▶ ACTION ITEM
The response must consist of the lines below from the one with "fail_if (not (any" through the one with "abbrev holds_role : Store", exactly as they appear and with both ends kept.

▶ DATA TO EXAMINE
______

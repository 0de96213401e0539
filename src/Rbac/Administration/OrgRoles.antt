-- ===== src/Rbac/Administration/OrgRoles.antt =====
-- The life of an org role in src/rbac/roleAdministration.ts: create, patch, delete, make default; and
-- `createOrgUser`. `number_of` stands for ECMAScript's `Number` where its result is an integer.
pub mod Below
pub mod Creation
mod Tests
use dreamsso.Common.{
  ℕ, ◌+◌, String, Bool, true, false, not, ◌&&◌, ◌||◌, Option, none, some, List, [], ◌∷◌, ◌++◌, ◌==◌,
  map, find?, any, all, filter, is_some, length, leb, ltb, get_or, if◌then◌else◌, string_eq, nat_eq,
  option_eq,
}
use dreamsso.Common.Int.{ℤ, pos, ltb_ℤ, int_eq}
use dreamsso.Common.Text.{codes, utf16_length, trim, is_lower, is_digit}
use dreamsso.Common.Result.{Result, ok, err, ◌>>=◌, ◌>>◌, fail_if, or_fail}
use dreamsso.Json.{Json, text, Fields, get, as_text}
use dreamsso.Store.{Store, OrgRole, Identity, active, write}
use dreamsso.Rbac.Level.{Level, finite, le_level}
use dreamsso.Rbac.Authz.{has_slug}
use dreamsso.Rbac.Errors.{RoleError, fail, field_error, internal}
use dreamsso.Rbac.Administration.{require_permission, lock_actors, write_audit}

-- `defaultOrgRole`: `setting?.value || 'standard_user'`.
pub default_org_role : Store → String
default_org_role db =
    let value = get_or (db.settings "default_org_role") "" in
    if value == "" then "standard_user" else value

-- `/^[a-z][a-z0-9_-]{1,39}$/`.
is_slug_rest : ℕ → Bool
is_slug_rest c = is_lower c || is_digit c || c == b'_' || c == b'-'

pub is_slug : List ℕ → Bool
unfolding is_slug_rest
is_slug [] = false
is_slug (c ∷ cs) = is_lower c && all is_slug_rest cs && leb 1 (length cs) && leb (length cs) 39

pub is_label : String → Bool
is_label label = not (label == "") && leb (utf16_length label) 60

-- A whole number from 1 to 9999.
pub is_level : ℤ → Bool
is_level n = not (ltb_ℤ n (pos 1)) && not (ltb_ℤ (pos 9999) n)

abbrev trimmed : Option String → String
trimmed none = ""
trimmed (some s) = trim s

-- The `level` field error of `createOrgRole`.
level_errors : Level → Option ℤ → List String
level_errors actor none = "level" ∷ []
level_errors actor (some n) =
    if not (is_level n)
    then "level" ∷ []
    else if le_level (finite n) actor
    then "level" ∷ []
    else []

abbrev pub no_errors : List String → Bool
no_errors [] = true
no_errors (e ∷ es) = false

pub role_errors : Level → String → String → Option ℤ → List String
unfolding level_errors
role_errors actor slug label level =
    (if is_slug (codes slug) then [] else "slug" ∷ [])
    ++ (if is_label label then [] else "label" ∷ [])
    ++ level_errors actor level

-- The copies of the default role's permissions and app defaults under a new slug.
pub seed_role : Store → String → String → ℤ → String → Store
seed_role db slug label level seed = record db {
  org_roles =
      db.org_roles ++ record { slug = slug; label = label; level = level; is_system = false } ∷ [];
  role_permissions = write slug (db.role_permissions seed) db.role_permissions;
  org_role_app_defaults = write slug (db.org_role_app_defaults seed) db.org_role_app_defaults;
}

-- `UPDATE org_roles SET ... WHERE slug = $1`.
pub update_role : String → (OrgRole → OrgRole) → List OrgRole → List OrgRole
update_role slug f [] = []
update_role slug f (r ∷ rs) = (if r.slug == slug then f r else r) ∷ update_role slug f rs

-- `DELETE FROM org_roles`, with its cascades to the tables that reference the slug.
pub remove_role : Store → String → Store
remove_role db slug = record db {
  org_roles = filter (λ r. not (r.slug == slug)) db.org_roles;
  role_permissions = write slug (λ _. none) db.role_permissions;
  org_role_app_defaults = write slug (λ _. none) db.org_role_app_defaults;
}

pub insert_role : Store → String → String → ℤ → Result RoleError Store
insert_role db slug label level = do
  fail_if (any (has_slug slug) db.org_roles) (field_error 409 ("slug" ∷ []))
  fail_if (not (any (has_slug (default_org_role db)) db.org_roles))
      (internal "Default organization role is unavailable.")
  ok (seed_role db slug label level (default_org_role db))

abbrev holds_role : Store → String → Identity → Bool
holds_role db slug i = db.user_org_roles i.sub == some slug

pub role_in_use : Store → String → Bool
role_in_use db slug = any (holds_role db slug) db.identities

-- What a patch asks for; a missing field is `none`.
pub record RolePatch : Type 0 where
  pub label : Option String
  pub level : Option ℤ

pub apply_patch : RolePatch → OrgRole → OrgRole
apply_patch patch r = record r {
  label = get_or patch.label r.label;
  level = get_or patch.level r.level;
}

pub read_label : List String → Option String → Result RoleError (Option String)
read_label granted none = ok none
read_label granted (some raw) = do
  require_permission granted "org.roles.edit.rename"
  fail_if (not (is_label (trim raw))) (field_error 422 ("label" ∷ []))
  ok (some (trim raw))

module _ (number_of : Json → Option ℤ) where
  abbrev pub number_field : Option Json → Option ℤ
  number_field none = none
  number_field (some v) = number_of v

  -- The fields of a new role, or all that is wrong with them.
  pub read_role : Level → Fields → Result RoleError (String × String × ℤ)
  read_role actor body = do
    let slug = trimmed (as_text (get "slug" body))
    let label = trimmed (as_text (get "label" body))
    let level = number_field (get "level" body)
    let errors = role_errors actor slug label level
    fail_if (not (no_errors errors)) (field_error 422 errors)
    n ← or_fail level (field_error 422 errors)
    ok (slug, label, n)

  pub create_org_role : Store → ℕ → Fields → Result RoleError (Store × String)
  create_org_role db actor_sub body = do
    actor ← lock_actors db actor_sub
    require_permission actor.granted "org.roles.create"
    (slug, label, level) ← read_role actor.level body
    db' ← insert_role db slug label level
    ok (write_audit db' actor_sub "role.create" none, slug)

  pub read_level : List String → Level → Option Json → Result RoleError (Option ℤ)
  read_level granted actor none = ok none
  read_level granted actor (some raw) = do
    require_permission granted "org.roles.edit.level"
    n ← or_fail (number_of raw) (field_error 422 ("level" ∷ []))
    fail_if (not (is_level n) || le_level (finite n) actor) (field_error 422 ("level" ∷ []))
    ok (some n)

  pub patch_org_role : Store → ℕ → String → Fields → Result RoleError Store
  patch_org_role db actor_sub slug body = do
    actor ← lock_actors db actor_sub
    found ← or_fail (find? (has_slug slug) db.org_roles) (fail 404 "not_found")
    fail_if (le_level (finite found.level) actor.level) (fail 403 "role_above_level")
    label ← read_label actor.granted (as_text (get "label" body))
    level ← read_level actor.granted actor.level (get "level" body)
    fail_if (not (is_some label) && not (is_some level)) (fail 400 "no_fields")
    let patch : RolePatch = record { label = label; level = level }
    ok (
        write_audit (record db { org_roles = update_role slug (apply_patch patch) db.org_roles })
          actor_sub "role.edit" none)

pub delete_org_role : Store → ℕ → String → Result RoleError Store
delete_org_role db actor_sub slug = do
  actor ← lock_actors db actor_sub
  require_permission actor.granted "org.roles.remove"
  found ← or_fail (find? (has_slug slug) db.org_roles) (fail 404 "not_found")
  fail_if found.is_system (fail 409 "system_role")
  fail_if (le_level (finite found.level) actor.level) (fail 403 "role_above_level")
  fail_if (role_in_use db slug) (fail 409 "role_in_use")
  fail_if (default_org_role db == slug) (fail 409 "role_is_default")
  ok (write_audit (remove_role db slug) actor_sub "role.delete" none)

pub set_default_org_role : Store → ℕ → String → Result RoleError Store
set_default_org_role db actor_sub slug = do
  actor ← lock_actors db actor_sub
  require_permission actor.granted "org.roles.edit.default"
  found ← or_fail (find? (has_slug slug) db.org_roles) (fail 404 "not_found")
  fail_if (le_level (finite found.level) actor.level) (fail 403 "role_above_level")
  ok (
      write_audit (record db { settings = write "default_org_role" (some slug) db.settings })
        actor_sub "role.default_change" none)

pub record PreparedOrgUser : Type 0 where
  pub sub : ℕ
  pub username : String
  pub display_name : String
  pub email : String
  pub password_hash : String
  pub role_slug : String

-- `NULLIF($4,'')`.
abbrev nullif_empty : String → Option String
nullif_empty s = if s == "" then none else some s

abbrev new_identity : PreparedOrgUser → Identity
new_identity input = record {
  sub = input.sub;
  username = input.username;
  display_name = input.display_name;
  email = nullif_empty input.email;
  password_hash = input.password_hash;
  status = active;
  deleted = false;
}

-- The unique indexes cover the rows that are not deleted; `fold` stands for the case folding of the
-- columns' citext type. A primary key clash is answered like a taken username.
module _ (fold : String → String) where
  abbrev username_taken : PreparedOrgUser → Identity → Bool
  username_taken input i =
      i.sub == input.sub || (not i.deleted && fold i.username == fold input.username)

  abbrev email_taken : Option String → Identity → Bool
  email_taken none i = false
  email_taken (some e) i =
      not i.deleted && elim i.email [ none ↦ false | some f ↦ fold f == fold e ]

  pub insert_org_user : Store → PreparedOrgUser → String → Result RoleError Store
  insert_org_user db input slug = do
    fail_if (any (username_taken input) db.identities) (field_error 409 ("username" ∷ []))
    fail_if (any (email_taken (nullif_empty input.email)) db.identities)
        (field_error 409 ("email" ∷ []))
    ok (record db {
      identities = db.identities ++ new_identity input ∷ [];
      user_org_roles = write input.sub (some slug) db.user_org_roles;
    })

  pub create_org_user : Store → ℕ → PreparedOrgUser → Result RoleError (Store × ℕ)
  create_org_user db actor_sub input = do
    actor ← lock_actors db actor_sub
    require_permission actor.granted "org.users.create"
    found ←
        or_fail (find? (has_slug input.role_slug) db.org_roles) (field_error 422 ("org_role" ∷ []))
    fail_if (le_level (finite found.level) actor.level) (field_error 422 ("org_role" ∷ []))
    db' ← insert_org_user db input found.slug
    ok (write_audit db' actor_sub "user.create" (some input.sub), input.sub)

______

▶ ANSWER TO THIS EXERCISE
  fail_if (not (any (has_slug (default_org_role db)) db.org_roles))
      (internal "Default organization role is unavailable.")
  ok (seed_role db slug label level (default_org_role db))

abbrev holds_role : Store → String → Identity → Bool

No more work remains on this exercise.